Works from the BnF in Collection 4 include the first Protestant Bible in French (published in Lyon in 1544) as well as editions and translations of the Fathers of the Church, bearing testimony to the importance of the Christian Humanist movement in France, in the wake of Erasmus. A number of works also illuminate the rites and ceremonies of religious life: the celebration of festivals such as Christmas, marriage and funeral rites, practices relating to prayer, fasting, giving alms and processions. Texts of laws and regulations, as well as editions of the customs of the French provinces, jurisprudential treatises on specific matters (such as contract law or feudal law, etc.) and compendia of jurisprudence along with their commentaries also feature. Philosophy is represented by, amongst others, Plato’s Republic and contemporary works such as the Six books of the Republic by Jean Bodin as well as French translations of Italian authors such as Machiavelli and Giovanni Botero (a leading theorist of the ‘raison d’Etat’ at the end of the 16th century).

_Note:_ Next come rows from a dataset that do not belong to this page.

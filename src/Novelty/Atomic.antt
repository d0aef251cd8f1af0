-- ===== src/Novelty/Atomic.antt =====
-- src/novelty.rs: a transaction is applied whole or not at all, however its statements end.
use ct_firehose_filter.Prelude.{
  ◌≡◌, refl, sym, ◌∙◌, ap, false, Option, none, some, List, [], ◌∷◌, arith, length, ltb, ◌≤◌, Str,
  ◌⊎◌, inl, inr,
}
use ct_firehose_filter.Novelty.Sql.{
  Db, NoveltyStore, Ending, Result, ok, err, Sql, continue, ◌>>=◌, restored, finish, statement,
  open_transaction, close_transaction, undo_transaction, next_ending, later_endings,
  begin_immediate, close, commit, rollback, in_transaction,
}
use ct_firehose_filter.Novelty.Store.{run_all, cooccurrence_statements, record_cooccurrence}

abbrev pub apply_all : List (Db → Db) → Db → Db
apply_all [] db = db
apply_all (f ∷ rest) db = apply_all rest (f db)

-- Inside a transaction that began at `start`, whose `COMMIT` or `ROLLBACK` ends as `c` says.
abbrev pub IsInside : Db → List Ending → NoveltyStore → Type 0
IsInside start c s = (s.saved ≡ some start) × (s.closings ≡ c)

-- In it, a success has reached `target`, and after a failure the transaction can still be undone,
-- or has been.
abbrev pub Follows :
    {A : Type 0} → Db → List Ending → (A → Db → Type 0) → Result A → NoveltyStore → Type 0
Follows start c target (ok a) s = IsInside start c s × target a s.db
Follows start c target err s = ((s.saved ≡ none) × (s.db ≡ start)) ⊎ IsInside start c s

-- After it, a success is complete and closed. After a failure what is stored is what was there
-- before and no transaction is open, or else the closing statement has failed, and undoing the open
-- transaction gives what was there before.
abbrev pub Committed :
    {A : Type 0} → Db → List Ending → (A → Db → Type 0) → Result A → NoveltyStore → Type 0
Committed start c target (ok a) s = (s.saved ≡ none) × target a s.db
Committed start c target err s =
    ((s.saved ≡ none) × (s.db ≡ start)) ⊎ ((s.saved ≡ some start) × (next_ending c ≡ Ending.failed))

restored-saved : (s : NoveltyStore) (d : Db) → s.saved ≡ some d → restored s ≡ d
restored-saved s d h = rw h

module _ {A : Type 0} (start : Db) (c : List Ending) (s : NoveltyStore)
    (inside : IsInside start c s) where
  -- One statement inside the transaction.
  finish-Follows :
      (target : A → Db → Type 0) (e : Ending) (r : Option (A × Db))
      → ((a : A) (db : Db) → r ≡ some (a, db) → target a db)
      → Follows start c target (finish e r s).0 (finish e r s).1
  finish-Follows target Ending.applied none h = inr inside
  finish-Follows target Ending.applied (some (a, db)) h = (inside, h a db refl)
  finish-Follows target Ending.failed r h = inr inside
  finish-Follows target Ending.rolled_back r h = inl (refl, restored-saved s start inside.0)

continue-Follows :
    {A B : Type 0} (start : Db) (c : List Ending) (mid : A → Db → Type 0) (target : B → Db → Type 0)
    (f : A → Sql B)
    → ((a : A) (s : NoveltyStore)
        → IsInside start c s
        → mid a s.db
        → Follows start c target (f a s).0 (f a s).1)
    → (r : Result A) (s : NoveltyStore) → Follows start c mid r s
    → Follows start c target (continue r f s).0 (continue r f s).1
continue-Follows start c mid target f h (ok a) s (o, m) = h a s o m
continue-Follows start c mid target f h err s m = m

statement-Follows :
    {A : Type 0} (start : Db) (c : List Ending) (target : A → Db → Type 0)
    (run : Db → Option (A × Db)) (s : NoveltyStore)
    → IsInside start c s
    → ((a : A) (db : Db) → run s.db ≡ some (a, db) → target a db)
    → Follows start c target (statement run s).0 (statement run s).1
unfolding statement
statement-Follows start c target run s o h =
    finish-Follows start c (record s { endings = later_endings s.endings }) o target
      (next_ending s.endings) (run s.db) h

-- A statement, then the rest of the transaction.
pub bind-Follows :
    {A B : Type 0} (start : Db) (c : List Ending) (mid : A → Db → Type 0) (target : B → Db → Type 0)
    (run : Db → Option (A × Db)) (f : A → Sql B) (s : NoveltyStore)
    → IsInside start c s
    → ((a : A) (db : Db) → run s.db ≡ some (a, db) → mid a db)
    → ((a : A) (t : NoveltyStore)
        → IsInside start c t
        → mid a t.db
        → Follows start c target (f a t).0 (f a t).1)
    → Follows start c target ((statement run >>= f) s).0 ((statement run >>= f) s).1
unfolding ◌>>=◌
bind-Follows start c mid target run f s o m h =
    continue-Follows start c mid target f h (statement run s).0 (statement run s).1
      (statement-Follows start c mid run s o m)

run_all-Follows :
    (start : Db) (c : List Ending) (fs : List (Db → Db)) (s : NoveltyStore)
    → IsInside start c s
    → Follows start c (λ _ db. db ≡ apply_all fs s.db) (run_all fs s).0 (run_all fs s).1
unfolding run_all ◌>>=◌
run_all-Follows start c [] s o = (o, refl)
run_all-Follows start c (f ∷ rest) s o =
    bind-Follows start c (λ _ db. db ≡ f s.db) (λ _ db. db ≡ apply_all rest (f s.db))
      (λ db. some (tt, f db)) (λ _. run_all rest) s o (λ a db e. cc)
      (λ a t ot e. rw (← e) (run_all-Follows start c rest t ot))

module _ {A : Type 0} (start : Db) (c : List Ending) (target : A → Db → Type 0)
    (s : NoveltyStore) where
  commit-Committed :
      (a : A) (e : Ending) (o : Option Db)
      → next_ending c ≡ e
      → o ≡ some start
      → s.saved ≡ some start
      → target a s.db
      → Committed start c target
          (continue (close_transaction e o s).0 (λ _ t. (ok a, t)) (close_transaction e o s).1).0
          (continue (close_transaction e o s).0 (λ _ t. (ok a, t)) (close_transaction e o s).1).1
  commit-Committed a e none h p q t = absurd cc
  commit-Committed a Ending.applied (some d) h p q t = (refl, t)
  commit-Committed a Ending.failed (some d) h p q t = inr (q, h)
  commit-Committed a Ending.rolled_back (some d) h p q t = inl (refl, cc)

  rollback-Committed :
      (e : Ending) (o : Option Db)
      → s.saved ≡ o
      → ((s.saved ≡ none) × (s.db ≡ start)) ⊎ ((s.saved ≡ some start) × (next_ending c ≡ e))
      → Committed start c target err (undo_transaction e o s).1
  rollback-Committed Ending.applied none p (inl q) = inl q
  rollback-Committed Ending.failed none p (inl q) = inl q
  rollback-Committed Ending.rolled_back none p (inl q) = inl q
  rollback-Committed e none p (inr q) = absurd cc
  rollback-Committed e (some d) p (inl q) = absurd cc
  rollback-Committed Ending.applied (some d) p (inr q) = inl (refl, cc)
  rollback-Committed Ending.failed (some d) p (inr q) = inr q
  rollback-Committed Ending.rolled_back (some d) p (inr q) = inl (refl, cc)

close-Committed :
    {A : Type 0} (start : Db) (c : List Ending) (target : A → Db → Type 0) (r : Result A)
    (s : NoveltyStore)
    → Follows start c target r s
    → Committed start c target (close r s).0 (close r s).1
unfolding close commit rollback ◌>>=◌
close-Committed start c target (ok a) s (o, t) =
    commit-Committed start c target (record s { closings = later_endings s.closings }) a
      (next_ending s.closings) s.saved (ap next_ending (sym o.1)) o.0 o.0 t
close-Committed start c target err s (inl q) =
    rollback-Committed start c target (record s { closings = later_endings s.closings })
      (next_ending s.closings) s.saved refl (inl q)
close-Committed start c target err s (inr q) =
    rollback-Committed start c target (record s { closings = later_endings s.closings })
      (next_ending s.closings) s.saved refl (inr (q.0, ap next_ending (sym q.1)))

begin-Committed :
    {A : Type 0} (start : Db) (c : List Ending) (target : A → Db → Type 0) (body : Sql A)
    → ((t : NoveltyStore)
        → IsInside start c t
        → t.db ≡ start
        → Follows start c target (body t).0 (body t).1)
    → (e : Ending) (o : Option Db) (s : NoveltyStore) → s.db ≡ start
    → s.closings ≡ c
    → s.saved ≡ none
    → o ≡ none
    → Committed start c target
        (continue
          (open_transaction e o s).0
          (λ _ t. close (body t).0 (body t).1)
          (open_transaction e o s).1).0
        (continue
          (open_transaction e o s).0
          (λ _ t. close (body t).0 (body t).1)
          (open_transaction e o s).1).1
begin-Committed start c target body h Ending.applied none s d g p q =
    close-Committed start c target _ _ (h (record s { saved = some s.db }) (ap some d, g) d)
begin-Committed start c target body h Ending.applied (some x) s d g p q = absurd cc
begin-Committed start c target body h Ending.failed o s d g p q = inl (p, d)
begin-Committed start c target body h Ending.rolled_back o s d g p q = inl (p, d)

pub in_transaction-Committed :
    {A : Type 0} (target : A → Db → Type 0) (body : Sql A) (s : NoveltyStore)
    → s.saved ≡ none
    → ((t : NoveltyStore)
        → IsInside s.db s.closings t
        → t.db ≡ s.db
        → Follows s.db s.closings target (body t).0 (body t).1)
    → Committed s.db s.closings target (in_transaction body s).0 (in_transaction body s).1
unfolding in_transaction begin_immediate ◌>>=◌
in_transaction-Committed target body s closed h =
    begin-Committed s.db s.closings target body h (next_ending s.endings) s.saved
      (record s { endings = later_endings s.endings }) refl refl closed closed

-- However the statements end, a co-occurrence is recorded whole or not at all. If it succeeds, the
-- transaction is closed and all its statements are applied. If it fails, what is stored is what was
-- there before and no transaction is open, unless the closing `COMMIT` or `ROLLBACK` itself failed:
-- then the transaction is still open, and undoing it gives what was there before.
pub record_cooccurrence-Committed :
    (brands : List Str) (s : NoveltyStore)
    → s.saved ≡ none
    → 2 ≤ length brands
    → Committed s.db s.closings
        (λ _ db. db ≡ apply_all (cooccurrence_statements brands) s.db)
        (record_cooccurrence brands s).0
        (record_cooccurrence brands s).1
unfolding record_cooccurrence
record_cooccurrence-Committed brands s closed several =
    let e : ltb (length brands) 2 ≡ false = ground arith in
    rw e (
      in_transaction-Committed _ (run_all (cooccurrence_statements brands)) s closed (λ t o d.
        rw (← d) (
          run_all-Follows t.db s.closings (cooccurrence_statements brands) t
            (o.0 ∙ ap some (sym d), o.1))))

The contents of Collection 4 as a whole are as wide-ranging as previous collections, including important works of science, art, medicine, travel and popular miscellanies from the Wellcome Library (including many items from William Morris’s personal collection), scholarly works of history and theology from the BNCF, literary translations and legal texts from the Netherlands’ Koninklijke Bibliotheek (including a substantial number of volumes from the Elzevir press), and texts relating to the Reformation from the Kongelige Bibliotek in Copenhagen.